The amended rules require that any corporation with a CSR obligation of Rs 10 Cr. or more for the three preceding financial years would be required to hire an independent agency to conduct impact assessment of all of their projects with outlays of Rs 1 Cr. or more. Companies will be allowed to count 5% of the CSR expenditure for the year up to Rs 50 lakh on impact assessment towards CSR expenditure.

• Amendment in display of CSR activities on website under Rule 9

Mandatory disclosure of CSR projects approved by the Board is to be placed on the website of the company. This will ensure greater accountability of companies and a closer check on the compliance of rules.

• Amendment in transfer of unspent amount under Rule 10

Since the provisions are applicable from January 22, 2021, any amount that remains unspent on ongoing project in FY 2020-21 will have to be transferred to any separate account already mentioned under Schedule VII till "the Fund" referred to in Section 135(5) and 135(6) of Companies Act, 2013 is created or specified.

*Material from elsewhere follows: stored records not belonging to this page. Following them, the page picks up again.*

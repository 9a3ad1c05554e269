-- ===== src/Model.antt =====
-- The item model (crates/passalong-core/src/model.rs): ids, metadata, previews and file names.
pub mod Hex
pub mod Time
pub mod Id
pub mod FileName
pub mod Preview
pub mod Digest
pub mod Meta
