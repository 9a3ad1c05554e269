-- ===== src/Serve.antt =====
-- What `serve` does on its own (crates/passalong-core/src/serve): when it retries, which clipboard
-- contents are new and which dropped files are ready to send.
pub mod Backoff
pub mod ClipboardWatcher
pub mod DropTracker
pub mod Upload
pub mod Pull
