-- ===== src/Store.antt =====
-- The store: its errors and the interface that its clients use
-- (crates/passalong-core/src/store/mod.rs).
pub mod Errors
pub mod Api
pub mod Format
pub mod FsStore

CSR has always been a topic of discussion in all forums. In order to achieve the intent of CSR policy, Indian scenario called for a rethink of strategy. The amendments, being technical in nature, are a way to ensure strict compliance of the rules and to keep a tight check on the activities of companies. They are aimed at further improving the ease of doing business, decriminalizing non-compliance with CSR provisions as well as to make the CSR framework more transparent. The provisions of the New Rules seem to be more detailed and structured even with respect to the earlier mentioned concepts of CSR, CSR Policy, and CSR Implementation in the 2014 rules. Allowing companies engaged in research and development (R&D) activities for new COVID-19 vaccines, drugs and medical devices to include such activities in their normal course of business for inclusion in CSR activities is much appreciated. With the new rules more responsibility has been casted on the shoulders of the Board to ensure proper implementation of legal norms related to CSR.